▶ **TASK**
In the records below, some lines contain the word "given". Copy each of them.

START PROVIDED DATA

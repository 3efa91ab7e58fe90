-- ===== src/Ops/CmpLaws.antt =====
-- visitCmpInst on two Booleans.
use clam.Prelude.{
  ℕ, ◌≡◌, refl, sym, ap, ◌∙◌, Bool, true, false, not, List, [], ◌∷◌, ◌++◌, Option, none, some,
  if◌then◌else◌, ==_refl,
}
use clam.Llvm.{Predicate, icmp_eq, icmp_ne, Icmp}
use clam.Lit.Values.{
  integer, Value, Params, Var, VarFactory, is_bool, is_integer_type, is_reference, is_pointer_type,
  is_tracked_type,
}
use clam.Lit.Consts.{ApInt}
use clam.Lit.Literal.{ok, bool_var, get_var}
use clam.Lit.Factory.{Factory, get_lit}
use clam.Compare.Crab.{CstTests}
use clam.Compare.Insts.{CmpInst}
use clam.Ir.{RefCst, Stmt, bool_xor, bool_copy, Env, bool_op, put_bool, IntOps, step, exec}
use clam.Uses.{Users}
use clam.Ir.Runs.{exec-++, and_then}
use clam.Ops.Views.{BoolView}
use clam.Ops.VisitLaws.{bool_value}
use clam.Ops.BoolLaws.{target, ReadsBools, do_bool_logic_op_lem}
use clam.Ops.Cmp.{
  assign_negated, assign_directly, compare_bools, compare_values, compare_into, visit_cmp_inst,
}

-- the variable that doBoolLogicOp is given for the result
abbrev pub given : Bool → Var → Option Var
given true lhs = none
given false lhs = some lhs

abbrev pub bool_pred : Bool → Predicate
bool_pred true = icmp_eq
bool_pred false = icmp_ne

-- icmp eq and icmp ne of two Booleans
abbrev pub icmp_bools : Bool → Bool → Bool → Bool
icmp_bools true a b = if a then b else not b
icmp_bools false a b = if a then not b else b

-- the state after the comparison; for icmp eq the exclusive or stands in another variable
abbrev pub compared : Bool → Var → Var → Bool → Bool → Env → Env
compared true lhs tmp a b e =
    put_bool lhs (icmp_bools true a b) (put_bool tmp (bool_op bool_xor a b) e)
compared false lhs tmp a b e = put_bool lhs (icmp_bools false a b) e

not_xor : (a b : Bool) → not (bool_op bool_xor a b) ≡ icmp_bools true a b
unfolding bool_op
not_xor true true = refl
not_xor true false = refl
not_xor false true = refl
not_xor false false = refl

module _ (o : IntOps) (picked : Env) {half : ℕ} (m : Icmp half) (f : VarFactory)
    (value_at : ℕ → Value) (ap' : (w : ℕ) → ApInt w) (content_width : ℕ → ℕ) (params : Params)
    (tests : CstTests) (negate : RefCst → RefCst) (uses_of : ℕ → Users)
    (skip_translation : ℕ → Bool) where
  open f use {State}

  negated_copy :
      (lhs tmp : Var) (v : Bool) (e : Env)
      → exec o picked (bool_copy lhs tmp true ∷ []) (put_bool tmp v e)
        ≡ some (put_bool lhs (not v) (put_bool tmp v e))
  unfolding exec step
  negated_copy lhs tmp v e = rw (==_refl tmp.name) refl

  compare_bools-compared :
      (is_eq : Bool) (i : CmpInst) (lhs res : Var) (x y : BoolView) (fac fac1 fac' : Factory State)
      (e : Env)
      → target f value_at ap' content_width params (given is_eq lhs) fac ≡ (res, fac1)
      → ReadsBools o picked f value_at ap' content_width params i.v0 i.v1 x y fac1 fac'
      → (block : List Stmt) × (compare_bools o m f value_at ap' content_width params tests negate
            uses_of skip_translation
            (bool_pred is_eq)
            i
            (bool_var lhs)
            lhs
            fac
          ≡ ok (block, fac'))
        × (exec o picked block e
            ≡ some (compared is_eq lhs res (bool_value e.bools x) (bool_value e.bools y) e))
  unfolding compare_bools bool_op
  compare_bools-compared true i lhs res x y fac fac1 fac' e at_res reads =
      let (block, made, run) =
        do_bool_logic_op_lem o picked f value_at ap' content_width params bool_xor none i.v0 i.v1 x
          y fac fac1 fac' res e at_res reads in
      let a = bool_value e.bools x in
      let b = bool_value e.bools y in
      (
        block ++ (bool_copy lhs res true ∷ []),
        ap
            (assign_negated o m f value_at ap' content_width params tests negate uses_of
              skip_translation lhs)
            made,
        exec-++ o picked block (bool_copy lhs res true ∷ []) e
            ∙ (ap (λ r. and_then r (exec o picked (bool_copy lhs res true ∷ []))) run
                ∙ (negated_copy lhs res (bool_op bool_xor a b) e
                    ∙ ap (λ v. some (put_bool lhs v (put_bool res (bool_op bool_xor a b) e)))
                        (not_xor a b))),
      )
  compare_bools-compared false i lhs res x y fac fac1 fac' e at_res reads =
      let (block, made, run) =
        do_bool_logic_op_lem o picked f value_at ap' content_width params bool_xor (some lhs) i.v0
          i.v1 x y fac fac1 fac' res e at_res reads in
      let is_lhs : lhs ≡ res = ap (λ r. r.0) at_res in
      (
        block,
        ap
            (assign_directly o m f value_at ap' content_width params tests negate uses_of
              skip_translation)
            made,
        run
            ∙ ap
                (λ z.
                  some
                    (put_bool z (icmp_bools false (bool_value e.bools x) (bool_value e.bools y)) e))
                (sym is_lhs),
      )

  -- For a tracked comparison of two Booleans that are read as literals, icmp eq or icmp ne, visitCmpInst
  -- emits a block that leaves the result of the comparison in the variable of the instruction. For icmp
  -- eq it also leaves the exclusive or of the operands in a new variable; nothing else changes.
  pub visit_cmp_inst-compared :
      (is_eq : Bool) (i : CmpInst) (lhs res : Var) (x y : BoolView)
      (fac fac1 fac2 fac' : Factory State) (e : Env)
      → i.pred ≡ bool_pred is_eq
      → is_tracked_type (value_at i.self).type params ≡ true
      → (value_at i.v0).type ≡ integer 1
      → (value_at i.v1).type ≡ integer 1
      → get_lit f value_at ap' content_width params i.self true fac ≡ (some (bool_var lhs), fac1)
      → target f value_at ap' content_width params (given is_eq lhs) fac1 ≡ (res, fac2)
      → ReadsBools o picked f value_at ap' content_width params i.v0 i.v1 x y fac2 fac'
      → (block : List Stmt) × (visit_cmp_inst o m f value_at ap' content_width params tests negate
            uses_of skip_translation i fac
          ≡ ok (block, fac'))
        × (exec o picked block e
            ≡ some (compared is_eq lhs res (bool_value e.bools x) (bool_value e.bools y) e))
  unfolding visit_cmp_inst compare_into compare_values get_var is_bool is_integer_type is_reference
      is_pointer_type
  visit_cmp_inst-compared is_eq i lhs res x y fac fac1 fac2 fac' e is_pred tracked t0 t1 at_lhs
        at_res reads =
      let (block, made, run) =
        compare_bools-compared is_eq i lhs res x y fac1 fac2 fac' e at_res reads in
      let into =
        compare_into o m f value_at ap' content_width params tests negate uses_of
          skip_translation in
      let bools =
        compare_bools o m f value_at ap' content_width params tests negate uses_of
          skip_translation in
      (
        block,
        rw (tracked, visit_cmp_inst)
            (ap (into i) at_lhs
              ∙ (rw (t0, t1, compare_values) (ap (λ p. bools p i (bool_var lhs) lhs fac1) is_pred)
                  ∙ made)),
        run,
      )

END PROVIDED DATA

▶ **EXERCISE OUTPUT**
-- the variable that doBoolLogicOp is given for the result
abbrev pub given : Bool → Var → Option Var
given true lhs = none
given false lhs = some lhs
      → target f value_at ap' content_width params (given is_eq lhs) fac ≡ (res, fac1)
      → target f value_at ap' content_width params (given is_eq lhs) fac1 ≡ (res, fac2)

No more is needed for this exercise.